Nicholas was arrested in May 2023 on 12 charges – including malice murder, felony murder, aggravated assault, and tampering with evidence. He pleaded not guilty, holding fast to his made-up FBI tale.
Georgia was riveted by the August 2025 trial. Prosecutors presented him as a narcissist who was an inveterate liar bent on control and image. They displayed his phony wealth claims, nonexistent pregnancies, and contradictions that suggested rage beneath the calm surface.
The defense countered that with a litany of circumstantial evidence — no murder weapon, no witnesses. Nicholas himself even testified that he simply took orders from “Agent McIntyre.” But on cross-examination, his story crumbled: no emails, no phone logs, nothing to substantiate any of it.
It took the jury just 45 minutes to return a verdict: Guilty on all counts. During sentencing, Mindi’s mother wept and said, “He took my daughter, my sunshine. Her voice broke the silence of the courtroom.

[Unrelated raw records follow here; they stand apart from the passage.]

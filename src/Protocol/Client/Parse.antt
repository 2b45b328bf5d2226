-- ===== src/Protocol/Client/Parse.antt =====
-- The parsers of client/network/protocol.cpp. `none` is the answer `false`.
use qt_linux_im_project.Base.{
  ℕ, zero, suc, ◌+◌, ◌*◌, List, [], ◌∷◌, Bytes, Option, none, some, ltb, if◌then◌else◌, length,
  take, drop,
}
use qt_linux_im_project.Wire.Text.{terminate}
use qt_linux_im_project.Wire.Word.{get_u32}
use qt_linux_im_project.Wire.Message.{
  LoginResponse, UserInfo, FileDataHeader, size_of_login_response, size_of_user_info,
  size_of_file_data_header,
}
use qt_linux_im_project.Wire.Message.Login.{get_login_response, get_user_info}
use qt_linux_im_project.Wire.Message.File.{get_file_data_header}

unfoldable pub parse_login_response : Bytes → Option LoginResponse
parse_login_response bytes =
    if ltb (length bytes) size_of_login_response
    then none
    else let rsp = get_login_response bytes in
      some (record rsp { message = terminate 128 rsp.message })

unfoldable pub terminate_user_info : UserInfo → UserInfo
terminate_user_info info = record info {
  client_id = terminate 32 info.client_id;
  nickname = terminate 64 info.nickname;
}

-- The loop over `count` structs, from the bytes at the current offset on.
unfoldable pub get_users : ℕ → Bytes → List UserInfo
unfolding terminate_user_info
get_users zero bytes = []
get_users (suc count) bytes =
    terminate_user_info (get_user_info bytes) ∷ get_users count (drop size_of_user_info bytes)

unfoldable pub parse_user_list_response : Bytes → Option (List UserInfo)
unfolding get_users
parse_user_list_response bytes =
    if ltb (length bytes) 4
    then none
    else let count = get_u32 (take 4 bytes) in
      let expected = 4 + count * size_of_user_info in
      if ltb (length bytes) expected then none else some (get_users count (drop 4 bytes))

-- The header and the payload.
unfoldable pub parse_file_data : Bytes → Option (FileDataHeader × Bytes)
parse_file_data bytes =
    if ltb (length bytes) size_of_file_data_header
    then none
    else let raw = get_file_data_header bytes in
      let header = record raw { file_id = terminate 37 raw.file_id } in
      let total = size_of_file_data_header + header.chunk_size in
      if ltb (length bytes) total
      then none
      else some (header, take header.chunk_size (drop size_of_file_data_header bytes))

Nicholas’s own parents, estranged from him but adamant on his behalf, begged for mercy. The jury voted for death 11 to 1, but under Georgia’s law, the decision had to be unanimous. (The judge sentenced him to life without parole plus 25 years.)
Mindi’s loss still echoes. Friends like Morgan Paddock grieve her lonely withdrawal in those last months, and how Nicholas snuffed out her shining star. Her parents mourn the future she never received — the laughter, those children, the peace.
Nicholas now rots in a prison cell in Georgia, free of the Pentagon spit-shine. The town, still rattled, gathers for vigils for Mindi every December; her story is a testament to how love can be turned lethal beneath the guise of lies.
This saga is a wellspring of passion, rage at fraud, heartache for wasted talents, and an urgency to discern red flags before they become fatal. For children, it is a lesson in truth; for adults, a caution against the kind of love that leaves you stranded.
And while the woods take back their secrets in silence, Mindi’s spirit lives on. Her story is a whisper through the pines: Speak up, reach out for help, and never let lies snuff your light.